Filmer le scintillement engendré par la matière englouti par un trou noir
Le scintillement d’un trou noir dans notre galaxie, la Voie lactée, a été filmé avec une précision sans précédent, grâce à une nouvelle technique qui aide à comprendre la dynamique sauvage de ces objets très énigmatiques.
Le trou noir s’appelle MAXI J1820+070, découvert en 2018, d’environ 7 fois la masse du Soleil et à seulement 10 000 années-lumière de la Terre.
GIF d’entête, à partir de la vidéo plus bas: représentation du trou noir MAXI J1820+070. (John Paice)
Pour un trou noir, il est très petit, la plus petite masse estimée qu’un trou noir peut avoir est autour de 5 soleils, mais il y a autre chose de vraiment intéressant. Il scintille, émettant tout un tas de rayons X et de rayonnement de lumière visible, alors qu’il absorbe la matière provenant d’une étoile voisine.
Normalement, les trous noirs, surtout les petits plus tranquilles, sont très difficiles à voir. Sagittaire A*, le trou noir supermassif au centre de la Voie lactée, est relativement paisible, ce qui permet de suivre les orbites des objets qui se déplacent autour.
Mais Sgr A* fait 4 millions de fois la masse du Soleil, et agit donc comme le centre d’un système massif. Un trou noir de seulement 7 fois la masse du Soleil n’est pas susceptible d’avoir autant d’orbiteurs.
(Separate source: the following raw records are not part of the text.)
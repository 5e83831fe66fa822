-- ===== src/Uart.antt =====
-- The UART: include/drivers/uart/uart.hpp, src/drivers/uart/uart.cpp. A call that throws has
-- changed nothing. The front of a queue is the head of its list.
pub mod Status
pub mod Fifo
mod Tests
use embedded_firmware_simula.Prelude.{
  ℕ, Bool, true, false, not, List, [], ◌∷◌, ◌++◌, ◌==◌, if◌then◌else◌, Outcome, ok, throws, require,
  invalid_argument, runtime_error, underflow_error, ◌>>=◌, ◌>>◌, bit_or, is_empty, length,
}
use embedded_firmware_simula.Prelude.Bits.{set_bit, clear_bit, test_bit}
use embedded_firmware_simula.Mmio.Register.{Register}
use embedded_firmware_simula.Mmio.Register
use embedded_firmware_simula.Mmio.Bus.{MmioBus, at_offset, construct, unregister_all}

pub record Uart : Type 0 where
  pub base_address : ℕ
  pub data_register : Register
  pub status_register : Register
  pub control_register : Register
  pub baud_register : Register
  pub tx_fifo : List ℕ
  pub rx_fifo : List ℕ

pub data Port : Type 0 where
  data_port status_port control_port baud_port : Port

unfoldable pub data_address : ℕ → ℕ
data_address base = at_offset base 0x00

unfoldable pub status_address : ℕ → ℕ
status_address base = at_offset base 0x04

unfoldable pub control_address : ℕ → ℕ
control_address base = at_offset base 0x08

unfoldable pub baud_address : ℕ → ℕ
baud_address base = at_offset base 0x0c

unfoldable pub enabled : Uart → Bool
unfolding Register.read
enabled u = test_bit (Register.read u.control_register) 0

-- The value that `updateStatusRegister` computes.
abbrev pub status_value : Bool → Bool → Bool → ℕ
status_value tx_empty rx_empty on =
    let s0 : ℕ = if tx_empty then bit_or 0 1 else 0 in
    let s1 : ℕ = if not rx_empty then bit_or s0 2 else s0 in if on then bit_or s1 4 else s1

unfoldable pub update_status_register : Uart → Uart
unfolding enabled Register.write
update_status_register u = record u {
  status_register =
      Register.write u.status_register
        (status_value (is_empty u.tx_fifo) (is_empty u.rx_fifo) (enabled u));
}

abbrev pub created : ℕ → ℕ → Uart
created base baud = record {
  base_address = base;
  data_register = Register.new (data_address base) 0;
  status_register = Register.new (status_address base) 1;
  control_register = Register.new (control_address base) 0;
  baud_register = Register.new (baud_address base) baud;
  tx_fifo = [];
  rx_fifo = [];
}

abbrev pub entries : {R : Type 0} → (Port → R) → ℕ → List (ℕ × R)
entries ref base =
    (data_address base, ref data_port)
    ∷ (status_address base, ref status_port)
    ∷ (control_address base, ref control_port)
    ∷ (baud_address base, ref baud_port)
    ∷ []

-- The constructor: the baud rate is checked before anything is registered.
unfoldable pub new : {R : Type 0} → (Port → R) → MmioBus R → ℕ → ℕ → MmioBus R × Outcome Uart
unfolding construct Register.new
new ref bus base baud =
    if baud == 0
    then (bus, throws invalid_argument)
    else construct bus (entries ref base) (update_status_register (created base baud))

unfoldable pub destroy : {R : Type 0} → MmioBus R → Uart → MmioBus R
destroy bus u = unregister_all bus (
    data_address u.base_address
    ∷ status_address u.base_address
    ∷ control_address u.base_address
    ∷ baud_address u.base_address
    ∷ [])

unfoldable pub enable : Uart → Uart
unfolding Register.read Register.write
enable u = update_status_register (record u {
  control_register =
      Register.write u.control_register (set_bit (Register.read u.control_register) 0);
})

unfoldable pub disable : Uart → Uart
unfolding Register.read Register.write
disable u = update_status_register (record u {
  control_register =
      Register.write u.control_register (clear_bit (Register.read u.control_register) 0);
})

unfoldable pub write_byte : Uart → ℕ → Outcome Uart
unfolding enabled Register.write
write_byte u byte = do
  require (enabled u) runtime_error
  ok (
      update_status_register (record u {
        tx_fifo = u.tx_fifo ++ byte ∷ [];
        data_register = Register.write u.data_register byte;
      }))

abbrev pub take_rx : Uart → List ℕ → Outcome (Uart × ℕ)
take_rx u [] = throws underflow_error
take_rx u (byte ∷ rest) = ok (
  update_status_register
      (record u { rx_fifo = rest; data_register = Register.write u.data_register byte }),
  byte,
)

unfoldable pub read_byte : Uart → Outcome (Uart × ℕ)
unfolding enabled Register.write
read_byte u = do require (enabled u) runtime_error; take_rx u u.rx_fifo

unfoldable pub push_received_byte : Uart → ℕ → Outcome Uart
unfolding enabled
push_received_byte u byte = do
  require (enabled u) runtime_error
  ok (update_status_register (record u { rx_fifo = u.rx_fifo ++ byte ∷ [] }))

unfoldable pub has_received_data : Uart → Bool
has_received_data u = not (is_empty u.rx_fifo)

unfoldable pub tx_empty : Uart → Bool
tx_empty u = is_empty u.tx_fifo

unfoldable pub set_baud_rate : Uart → ℕ → Outcome Uart
unfolding Register.write
set_baud_rate u baud = do
  require (not (baud == 0)) invalid_argument
  ok (record u { baud_register = Register.write u.baud_register baud })

abbrev pub take_tx : Uart → List ℕ → Outcome (Uart × ℕ)
take_tx u [] = throws underflow_error
take_tx u (byte ∷ rest) = ok (update_status_register (record u { tx_fifo = rest }), byte)

-- The other end of the line takes a byte out, whether the UART is enabled or not.
unfoldable pub pop_tx_byte : Uart → Outcome (Uart × ℕ)
pop_tx_byte u = take_tx u u.tx_fifo

unfoldable pub reset : Uart → Uart
unfolding disable Register.reset
reset u =
    let d = disable u in
    update_status_register (record d {
      tx_fifo = [];
      rx_fifo = [];
      data_register = Register.reset d.data_register;
      control_register = Register.reset d.control_register;
    })

unfoldable pub baud_rate : Uart → ℕ
unfolding Register.read
baud_rate u = Register.read u.baud_register

unfoldable pub tx_fifo_size : Uart → ℕ
tx_fifo_size u = length u.tx_fifo

unfoldable pub rx_fifo_size : Uart → ℕ
rx_fifo_size u = length u.rx_fifo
Cependant, de nombreuses étoiles (y compris les étoiles mortes comme les trous noirs) sont dans des systèmes binaires avec d’autres étoiles, et de tels trous noirs peuvent dévorer la matière dépouillée de leur compagne.
C’est ce que pensent les astronomes de MAXI J1820+070. Lorsque le trou noir dépouille son étoile BFF, le matériau forme un disque d’accrétion autour du trou noir, où les forces de friction, magnétiques et gravitationnelles le compriment, engendrant une chaleur incroyable.
C’est ce que les chercheurs ont capté, à un rythme de plus de 300 images par seconde, en lumière optique à l’aide de l’instrument HiPERCAM sur le Gran Telescopio Canarias et aux rayons X de l’observatoire Neutron Star Interior Composition Explorer (NICER) de la NASA fixé à la Station spatiale internationale.
L’astronome John Paice de l’université Southampton et de l’Inter-University Centre for Astronomy & Astrophysics précise :
Le film a été réalisé à partir de données réelles, mais il a été ralenti à 1/10e de sa vitesse réelle pour permettre à l’œil humain de discerner les éruptions les plus rapides.
Nous pouvons voir comment la matière autour du trou noir est si brillante qu’elle éclipse l’étoile qu’elle consomme, et les scintillements les plus rapides ne durent que quelques millisecondes, c’est le résultat d’une centaine de soleils et plus qui sont émis en un clin d’œil…
Cette approche du domaine de l’astronomie multimessager a permis à l’équipe de suivre simultanément les deux types de rayonnement, une augmentation de l’un s’accompagnant d’une augmentation de l’autre.
Mais, fait intéressant, il y avait un décalage dans le temps : les éclairs de lumière optique étaient précédés d’une fraction de seconde seulement par des flashs de rayons X, un signal qui, selon les chercheurs, indiquait la présence de plasma, un état de matière hautement ionisé et électriquement conducteur, extrêmement proche du trou noir.
Deux autres fois, ce délai entre le flash de rayons X et le flash optique a été détecté dans les trous noirs qui s’accumulent activement, une fois en 2017 et une autre fois en 2018.
Cette troisième fois est la meilleure, étant l’observation la plus détaillée du phénomène à ce jour.
Selon l’astronome Poshak Gandhi de l’université Southampton :
Le fait que nous le voyons maintenant dans trois systèmes renforce l’idée qu’il s’agit d’une caractéristique unificatrice de ces trous noirs en pleine croissance. Si c’est vrai, cela doit nous apprendre quelque chose de fondamental sur la façon dont le plasma circule autour des trous noirs.
Nos meilleures idées invoquent un lien profond entre les parties inspirantes et sortantes du plasma. Mais ce sont des conditions physiques extrêmes que nous ne pouvons pas reproduire dans les laboratoires terrestres, et nous ne comprenons pas comment la nature gère cela. De telles données seront cruciales pour trouver la bonne théorie.
L’étude publiées dans les Monthly Notices of the Royal Astronomical Society : Puzzling blue dips in the black hole candidate Swift J1357.2 − 0933, from ULTRACAM, SALT, ATCA, Swift, and NuSTAR et présentée sur le site de l’université Southampton : Violent flaring revealed at the heart of a black hole system.